Another promising aspect of this technology is the switching time that the group has reported. While large smart window panels will often only be capable of switching on timescales of seconds, these devices have switching reported on much faster scales of a few tens of milliseconds [Citation9].
References
- Nikkei Asian Review [Internet] May 31, 2016. [Cited 2016 June]. Available from: http://asia.nikkei.com/Business/Companies/Panasonic-to-pull-plug-on-LCD-TV-panels
- Alpeyev P, Amano T, Bloomberg [Internet] April 2, 2016. [cited June 2016] Available from: http://www.bloomberg.com/news/articles/2016-04-02/foxconn-signs-deal-ending-sharp-s-105-years-of-independence
- Yoon DK, Cha YJ, Gim M-J DNA as a template for liquid crystal displays. SPIE Newsroom [Internet] April 25, 2016. [cited June 2016]. Available from: http://spie.org/newsroom/6424-dna-as-a-template-for-liquid-crystal-displays 10.1117/2.1201603.006424
- Cha YJ, Gim M-J, Oh K, et al. In-plane switching mode for liquid crystal displays using a DNA alignment layer. ACS Appl Mater Interfaces. 2015;7:13627–13632. doi:10.1021/acsami.5b03321.
- Cha YJ, Gim M-J, Oh K, et al. Twisted-nematic-mode liquid crystal display with a DNA alignment layer. J Inf Display. 2015;16:129–135. doi:10.1080/15980316.2015.1072114.

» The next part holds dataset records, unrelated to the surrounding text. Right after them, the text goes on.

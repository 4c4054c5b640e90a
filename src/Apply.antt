-- ===== src/Apply.antt =====
-- lusid-apply/src/lib.rs: the pipeline from a plan to applied operations, as the stream of messages
-- that it emits.
pub mod Mirror
pub mod Shown
pub mod Expanding
pub mod Probing
pub mod Changing
pub mod Operating
pub mod Running
pub mod Parts
pub mod Accepted
pub mod Completed
mod Tests
use lusid.Base.{
  ℕ, suc, Bool, true, false, Option, some, none, List, [], ◌∷◌, ◌++◌, map, String, Result, ok, err,
  ◌>>=◌, if◌then◌else◌, Eq,
}
use lusid.View
use lusid.View.{View, ViewTree}
use lusid.Tree
use lusid.Tree.{Tree, Trees, branch, leaf, nil, cons}
use lusid.Tree.Flat.{FlatTree, Nodes, branch_node, leaf_node, from_tree, to_tree, leaves}
use lusid.Tree.Flat.Transform
use lusid.Causality.{compute_epochs}
use lusid.Causality.Collect.{CausalityTree, EpochError}
use lusid.Causality.Meta
use lusid.Operation.{Operation, merge}
use lusid.Plan.{PlanNodeId, PlanMeta, PlanTree, map_plan_subitems, render_plan_tree}
use lusid.ApplyStdio.AppView.{
  AppUpdate, OpIndex, resource_params, resources_start, resources_node, resources_complete,
  resource_states_start, resource_states_node_start, resource_states_node_complete,
  resource_states_complete, resource_changes_start, resource_changes_node,
  resource_changes_complete, operations_start, operations_node, operations_complete,
  operations_apply_start, operation_apply_stdout, operation_apply_stderr, operation_apply_complete,
}

-- What becomes of a message: it is written, or the write fails, or only the flush does.
pub data Write (E : Type 0) : Type 0 where
  written : Write E
  unwritten unflushed : E → Write E

pub data Stream : Type 0 where
  stdout stderr : Stream

-- What becomes of an operation: it does not start, or it prints lines on its two streams, in the
-- order in which they are read, and ends with an error or without.
pub data Performed (E : Type 0) : Type 0 where
  refused : E → Performed E
  ran : (lines : List (Stream × String)) → (error : Option E) → Performed E

-- What the pipeline calls. What the machine answers may depend on all that happened before, for
-- which the messages emitted so far stand.
pub record Machine (E PlanId Params Resource State Change : Type 0) : Type 0 where
  pub write : List AppUpdate → AppUpdate → Write E
  pub plan : Result E (PlanTree Params PlanId)
  pub validate_host_paths : Params → Result E (Unit {0})
  pub resources : Params → List (CausalityTree Resource String)
  pub state : List AppUpdate → Resource → Result E State
  pub change : Resource → State → Option Change
  pub operations : Change → List (CausalityTree Operation String)
  pub perform : List AppUpdate → Operation → Performed E
  -- The scopes that `create_id` makes for the leaf in a slot, in the two expansions.
  pub resource_scope : ℕ → String
  pub operation_scope : ℕ → String
  pub redact : String → String
  pub describe : E → String
  pub epoch_error : EpochError (PlanNodeId PlanId) → E
  pub render_id : PlanNodeId PlanId → View
  pub render_params : Params → View
  pub render_resource : Resource → View
  pub render_state : State → View
  pub render_change : Change → View
  pub render_operation : Operation → View

-- A leaf with the scope that is made for it.
unfoldable pub with_scopes {ℓ κ} :
    {Node : Type ℓ} {Meta : Type κ}
    → (ℕ → String)
    → ℕ
    → Nodes Node Meta
    → Nodes (Node × String) Meta
with_scopes scope index [] = []
with_scopes scope index (none ∷ nodes) = none ∷ with_scopes scope (suc index) nodes
with_scopes scope index (some (branch_node meta children) ∷ nodes) =
    some (branch_node meta children) ∷ with_scopes scope (suc index) nodes
with_scopes scope index (some (leaf_node meta value) ∷ nodes) =
    some (leaf_node meta (value, scope index)) ∷ with_scopes scope (suc index) nodes

-- `collect` into the children of a branch.
unfoldable pub collect {ℓ κ} :
    {Node : Type ℓ} {Meta : Type κ} → List (Tree Node Meta) → Trees Node Meta
collect [] = nil
collect (tree ∷ trees) = cons tree (collect trees)

-- `leaves().any(|node| node.is_some())`
unfoldable pub any_some {ℓ} : {A : Type ℓ} → List (Option A) → Bool
any_some [] = false
any_some (none ∷ nodes) = any_some nodes
any_some (some node ∷ nodes) = true

-- An error comes with what was emitted before it.
abbrev pub Outcome {ℓ} : Type 0 → Type ℓ → Type ℓ
Outcome E X = Result (E × List AppUpdate) X

-- `?` on a call that emits nothing.
abbrev pub lift {ℓ} : {E : Type 0} {X : Type ℓ} → Result E X → List AppUpdate → Outcome E X
lift (ok x) emitted = ok x
lift (err e) emitted = err (e, emitted)

-- All that was emitted, whether the pipeline failed or not.
abbrev pub emitted_by : {E : Type 0} → Outcome E (List AppUpdate) → List AppUpdate
emitted_by (ok emitted) = emitted
emitted_by (err (e, emitted)) = emitted

module _ {E PlanId Params Resource State Change : Type 0}
    (machine : Machine E PlanId Params Resource State Change) where
  unfoldable pub emit : AppUpdate → List AppUpdate → Outcome E (List AppUpdate)
  emit update emitted = elim (machine.write emitted update) [
    | written ↦ ok (emitted ++ update ∷ [])
    | unwritten e ↦ err (e, emitted)
    | unflushed e ↦ err (e, emitted ++ update ∷ [])
  ]

  -- `try_join_all` of the validations; of several errors the code returns any.
  unfoldable pub validate_all : List Params → Result E (Unit {0})
  validate_all [] = ok tt
  validate_all (params ∷ more) = machine.validate_host_paths params >>= λ _. validate_all more

  abbrev pub show_resources : PlanTree Resource PlanId → ViewTree
  show_resources tree = render_plan_tree machine.render_resource machine.render_id tree

  unfoldable pub plan_params : Outcome E (FlatTree Params (PlanMeta PlanId) × List AppUpdate)
  unfolding emit validate_all
  plan_params = lift machine.plan [] >>= λ tree.
      emit (resource_params (render_plan_tree machine.render_params machine.render_id tree)) []
      >>= λ emitted. lift (validate_all (leaves (from_tree tree).nodes)) emitted >>= λ _.
          ok (from_tree tree, emitted)

  -- The tree that the params in a leaf expand to.
  unfoldable pub expand_params : Params × String → PlanMeta PlanId → PlanTree Resource PlanId
  expand_params node meta =
      branch meta (collect (map_plan_subitems node.1 node.0 machine.resources))

  unfoldable pub expand_resources :
      FlatTree Params (PlanMeta PlanId)
      → List AppUpdate
      → Outcome E (FlatTree Resource (PlanMeta PlanId) × List AppUpdate)
  unfolding emit expand_params with_scopes
  expand_resources params emitted = emit resources_start emitted >>= λ started.
      Transform.map_tree expand_params
        (λ index tree. emit (resources_node index (show_resources tree)))
        (record { nodes = with_scopes machine.resource_scope 0 params.nodes }) started
      >>= λ (r : FlatTree Resource (PlanMeta PlanId) × List AppUpdate).
          emit resources_complete r.1 >>= λ s. ok (r.0, s)

  -- The probe of one resource.
  unfoldable pub probe : Resource → List AppUpdate → Outcome E ((Resource × State) × List AppUpdate)
  probe resource emitted =
      lift (machine.state emitted resource) emitted >>= λ state. ok ((resource, state), emitted)

  unfoldable pub find_states :
      FlatTree Resource (PlanMeta PlanId)
      → List AppUpdate
      → Outcome E (FlatTree (Resource × State) (PlanMeta PlanId) × List AppUpdate)
  unfolding emit probe
  find_states resources emitted = emit resource_states_start emitted >>= λ started.
      Transform.map_result_async probe (λ index. emit (resource_states_node_start index))
        (λ index r. emit (resource_states_node_complete index (machine.render_state r.1))) resources
        started
      >>= λ (r : FlatTree (Resource × State) (PlanMeta PlanId) × List AppUpdate).
          emit resource_states_complete r.1 >>= λ s. ok (r.0, s)

  -- `node.map(|n| n.render())`
  abbrev pub show_change : Option Change → Option View
  show_change none = none
  show_change (some change) = some (machine.render_change change)

  unfoldable pub find_changes :
      FlatTree (Resource × State) (PlanMeta PlanId)
      → List AppUpdate
      → Outcome E (FlatTree (Option Change) (PlanMeta PlanId) × List AppUpdate)
  unfolding emit any_some
  find_changes states emitted = emit resource_changes_start emitted >>= λ started.
      Transform.map (λ (r : Resource × State). machine.change r.0 r.1)
        (λ index change. emit (resource_changes_node index (show_change change))) states started
      >>= λ (r : FlatTree (Option Change) (PlanMeta PlanId) × List AppUpdate).
          emit (resource_changes_complete (any_some (leaves r.0.nodes))) r.1 >>= λ s. ok (r.0, s)

  -- The tree that the change in a leaf expands to.
  unfoldable pub expand_change :
      Option Change × String → PlanMeta PlanId → PlanTree (Option Operation) PlanId
  expand_change (none, scope) meta = leaf meta none
  expand_change (some change, scope) meta =
      branch meta
        (collect (map (Tree.map some) (map_plan_subitems scope change machine.operations)))

  abbrev pub show_operations : PlanTree (Option Operation) PlanId → ViewTree
  show_operations tree =
      render_plan_tree (View.render_option machine.render_operation) machine.render_id tree

  unfoldable pub expand_operations :
      FlatTree (Option Change) (PlanMeta PlanId)
      → List AppUpdate
      → Outcome E (FlatTree (Option Operation) (PlanMeta PlanId) × List AppUpdate)
  unfolding emit expand_change with_scopes
  expand_operations changes emitted = emit operations_start emitted >>= λ started.
      Transform.map_tree expand_change
        (λ index tree. emit (operations_node index (show_operations tree)))
        (record { nodes = with_scopes machine.operation_scope 0 changes.nodes }) started
      >>= λ (r : FlatTree (Option Operation) (PlanMeta PlanId) × List AppUpdate).
          emit operations_complete r.1 >>= λ s. ok (r.0, s)

  -- The two tasks that read an operation's streams, interleaved.
  unfoldable pub drain :
      OpIndex → List (Stream × String) → List AppUpdate → Outcome E (List AppUpdate)
  unfolding emit
  drain index [] emitted = ok emitted
  drain index ((stdout, line) ∷ lines) emitted =
      emit (operation_apply_stdout index (machine.redact line)) emitted >>= drain index lines
  drain index ((stderr, line) ∷ lines) emitted =
      emit (operation_apply_stderr index (machine.redact line)) emitted >>= drain index lines

  -- `try_join!` of the tasks: what went wrong first.
  abbrev pub join : Option E → Outcome E (List AppUpdate) → Outcome E (List AppUpdate)
  join error (err e) = err e
  join none (ok emitted) = ok emitted
  join (some e) (ok emitted) = err (e, emitted)

  abbrev pub complete : OpIndex → Outcome E (List AppUpdate) → Outcome E (List AppUpdate)
  complete index (ok emitted) = emit (operation_apply_complete index none) emitted
  complete index (err (e, emitted)) =
      emit (operation_apply_complete index (some (machine.describe e))) emitted >>= λ s. err (e, s)

  unfoldable pub run_operation : OpIndex → Operation → List AppUpdate → Outcome E (List AppUpdate)
  unfolding emit drain
  run_operation index operation emitted = elim (machine.perform emitted operation) [
    | refused e ↦ err (e, emitted)
    | ran lines error ↦ complete index (join error (drain index lines emitted))
  ]

  unfoldable pub run_operations :
      ℕ → ℕ → List Operation → List AppUpdate → Outcome E (List AppUpdate)
  unfolding run_operation
  run_operations e o [] emitted = ok emitted
  run_operations e o (operation ∷ operations) emitted =
      run_operation (e, o) operation emitted >>= run_operations e (suc o) operations

  unfoldable pub run_epochs :
      ℕ → List (List Operation) → List AppUpdate → Outcome E (List AppUpdate)
  unfolding run_operations
  run_epochs e [] emitted = ok emitted
  run_epochs e (operations ∷ epochs) emitted =
      run_operations e 0 (merge operations) emitted >>= run_epochs (suc e) epochs

  -- `map_err` into the pipeline's error.
  abbrev pub on_epochs :
      Result (EpochError (PlanNodeId PlanId)) (List (List Operation))
      → Result E (List (List Operation))
  on_epochs (ok epochs) = ok epochs
  on_epochs (err e) = err (machine.epoch_error e)

module _ {E PlanId Params Resource State Change : Type 0} ⦃same : Eq (PlanNodeId PlanId)⦄
    (machine : Machine E PlanId Params Resource State Change) where
  unfoldable pub apply_operations :
      FlatTree (Option Operation) (PlanMeta PlanId) → List AppUpdate → Outcome E (List AppUpdate)
  unfolding emit run_epochs
  apply_operations operations emitted =
      lift (on_epochs machine (compute_epochs (to_tree Meta.default operations))) emitted
      >>= λ epochs.
          emit machine (operations_apply_start (map (map machine.render_operation) epochs)) emitted
          >>= run_epochs machine 0 epochs

  -- `apply`, once the context, the store, the secrets and the params are there.
  unfoldable pub apply : Outcome E (List AppUpdate)
  unfolding plan_params expand_resources find_states find_changes expand_operations apply_operations
  apply = plan_params machine >>= λ (p : FlatTree Params (PlanMeta PlanId) × List AppUpdate).
      expand_resources machine p.0 p.1
      >>= λ (r : FlatTree Resource (PlanMeta PlanId) × List AppUpdate).
          find_states machine r.0 r.1
          >>= λ (t : FlatTree (Resource × State) (PlanMeta PlanId) × List AppUpdate).
              find_changes machine t.0 t.1
              >>= λ (c : FlatTree (Option Change) (PlanMeta PlanId) × List AppUpdate).
                  let rest =
                    expand_operations machine c.0 c.1
                    >>= λ (o : FlatTree (Option Operation) (PlanMeta PlanId) × List AppUpdate).
                        apply_operations o.0 o.1 in
                  if any_some (leaves c.0.nodes) then rest else ok c.1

- University of Central Florida. “New research ensures car LCDs work in extreme cold, heat”, ScienceDaily, March 25, 2016. [cited June 2016]. Available from: https://www.sciencedaily.com/releases/2016/03/160325093730.htm
- Peng F, Huang Y, Gou F, et al. High performance liquid crystals for vehicle displays. Opt Mater Express. 2016;6(3):717. doi:10.1364/OME.6.000717.
- University of Cambridge Press Release [Internet] June 8, 2016. [cited June 2016]. Available from: http://www.cam.ac.uk/research/features/smart-glass-goes-from-clear-to-opaque-and-back-again-27-million-times
- Li K, Pivnenko M, Chu D, et al. Uniform and fast switching of window-size smectic A liquid crystal panels utilising the field gradient generated at the fringes of patterned electrodes. Liq Cryst. 2016;43(6):735–749. doi:10.1080/02678292.2016.1142012.